Possible measures that can be taken by businesses
In order to withstand or be ready to face the above challenges, businesses should adopt a proper Transfer Pricing planning and defense strategy wherein they can consider the following:
- Undertake a diagnostic review of their existing Transfer Pricing policies (both at a Group and Company level) and intercompany agreements and adjust/modify/realign them in the wake of the global economic impact of Covid-19 by inserting relevant clauses and safeguards.
- Prepare realistic and achievable future projections over longer time periods (five to ten years) based on scientific assumptions and allocation keys (if possible).
- Properly document the reason for losses or dip in the mark-up/margin in their Transfer Pricing Documentation, policy documents, audited financial statements, invoices and other relevant documents.
- In cases wherein the entire Group is suffering heavy losses, the limited risk entity might have to adopt a loss-split methodology (similar to a profit-split method), depending upon the functional and risk profile of the entity vis-à-vis its related parties. However, this will primarily be on a case-to-case basis.
- Undertake proper benchmarking processes and steps to find a potentially large comparable set and adopt only the relevant comparability adjustment which is directly related to their business operations.
- Might consider the possibility of using single year benchmarking data instead of multiple-year data for comparability purposes.
- Revisit the existing intra-group credit policy, keeping in mind the cash flow position of both the service providing as well as receiving entity
In the wake of the current situation, companies might need to alter/modify/amend their existing transfer pricing arrangements in order to realign their existing policies and supply chain with the new facts and circumstances. Furthermore, properly documenting and making changes to the Transfer Pricing Documentation in a contemporaneous manner will allow companies to defend the pricing of their intercompany transactions more effectively and with a higher chance of success in case of increased Transfer Pricing security initiated by the tax authorities.
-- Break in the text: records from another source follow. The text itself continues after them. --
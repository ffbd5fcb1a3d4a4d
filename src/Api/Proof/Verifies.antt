-- ===== src/Api/Proof/Verifies.antt =====
-- The proof that is built, and what its verifier makes of it.
use digital_asset_rpc_infras.Base.{
  arith, ℕ, suc, ◌+◌, ◌*◌, ◌^◌, ◌≤◌, ◌<◌, ◌≡◌, refl, ap, ◌∙◌, some, List, [], ◌∷◌, ◌++◌, String,
  All, map, map_option, length, replicate, get_elem?,
}
use digital_asset_rpc_infras.Api.Proof.{
  SimpleChangeLog, AssetProof, default_node, place, fill, build_asset_proof,
}
use digital_asset_rpc_infras.Api.Proof.Climb.{siblings, path, siblings-path, climb, climb-path}
use digital_asset_rpc_infras.Api.Proof.Found.{Lacks, IsRight, found, split_last-hashes}

map-append : {A B : Type 0} (f : A → B) (l m : List A) → map f (l ++ m) ≡ map f l ++ map f m
map-append f [] m = refl
map-append f (a ∷ l) m = ap (λ z. f a ∷ z) (map-append f l m)

map-map :
    (enc : List ℕ → String) (l : List SimpleChangeLog)
    → map (λ (n : SimpleChangeLog). enc n.hash) l
      ≡ map enc (map (λ (n : SimpleChangeLog). n.hash) l)
map-map enc [] = refl
map-map enc (n ∷ l) = ap (λ z. enc n.hash ∷ z) (map-map enc l)

-- The proof with the given root and hashes.
abbrev pub proof_of : (List ℕ → String) → List ℕ → ℕ → List ℕ → List (List ℕ) → List ℕ → AssetProof
proof_of enc tree idx leaf hashes root = record {
  root = enc root;
  leaf = enc leaf;
  proof = map enc hashes;
  node_index = idx;
  tree_id = enc tree;
}

module _ (enc : List ℕ → String) (empty_node : ℕ → List ℕ) (combine : List ℕ → List ℕ → List ℕ)
    (node : ℕ → List ℕ) where
  built :
      (tree : List ℕ) (d idx : ℕ) (rows : List SimpleChangeLog)
      → All (IsRight enc empty_node node (siblings d idx)) rows
      → ((l ix : ℕ)
          → get_elem? (siblings d idx) l ≡ some ix
          → Lacks enc empty_node node rows l
          → node ix ≡ empty_node l)
      → build_asset_proof enc empty_node tree idx (node idx) (siblings d idx) rows
        ≡ some (proof_of enc tree idx (node idx) (map node (path d idx)) (node 1))
  unfolding build_asset_proof
  built tree d idx rows right rest =
      let ns =
        fill enc empty_node tree 0 (place rows (replicate (length (siblings d idx)) default_node))
          (siblings d idx) in
      let hashes : map (λ (n : SimpleChangeLog). n.hash) ns ≡ map node (path d idx) ++ node 1 ∷ [] =
        found enc empty_node node tree rows (siblings d idx) right rest
        ∙ ap (map node) (siblings-path d idx)
        ∙ map-append node (path d idx) (1 ∷ []) in
      let (p, s, a, b) =
        split_last-hashes enc empty_node node ns (map node (path d idx)) (node 1) hashes in
      ap (map_option _) s
      ∙ ap
          (λ z. some (record {
            root = enc p.1.hash;
            leaf = enc (node idx);
            proof = z;
            node_index = idx;
            tree_id = enc tree;
          }))
          (map-map enc p.0 ∙ ap (map enc) a)
      ∙ ap (λ z. some (proof_of enc tree idx (node idx) (map node (path d idx)) z)) b

  -- Let `node` be the hashes of a tree of depth `d` in which every inner node is the combination of
  -- its children, and let the rows found have the hashes of the nodes at their levels, a level without a row
  -- being that of an empty subtree. Then a proof is built for the leaf at `idx`, it names the root of the
  -- tree, and folding its hashes from the leaf gives that root.
  pub proof_verifies :
      (tree : List ℕ) (d idx : ℕ) (rows : List SimpleChangeLog)
      → ((i : ℕ) → 1 ≤ i → i < 2 ^ d → node i ≡ combine (node (2 * i)) (node (2 * i + 1)))
      → 2 ^ d ≤ idx
      → idx < 2 ^ suc d
      → All (IsRight enc empty_node node (siblings d idx)) rows
      → ((l ix : ℕ)
          → get_elem? (siblings d idx) l ≡ some ix
          → Lacks enc empty_node node rows l
          → node ix ≡ empty_node l)
      → (build_asset_proof enc empty_node tree idx (node idx) (siblings d idx) rows
          ≡ some (proof_of enc tree idx (node idx) (map node (path d idx)) (node 1)))
        × (climb combine idx (node idx) (map node (path d idx)) ≡ node 1)
  proof_verifies tree d idx rows merkle lo hi right rest = (
    built tree d idx rows right rest,
    climb-path combine node (2 ^ d) merkle d idx (omega arith) lo hi,
  )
Moreover, one of the most difficult situations that would arise is when the entire Group is suffering heavy losses. In such a case, the limited risk entity might have to adopt a loss-split methodology (similar to a profit-split method), depending upon the functional and risk profile of the entity vis-à-vis its related parties. Also, a change in the benchmarking approach might also have to be adopted wherein single year benchmarking data might have to be given due consideration. However, all these changes will purely depend on the facts and circumstances of each case.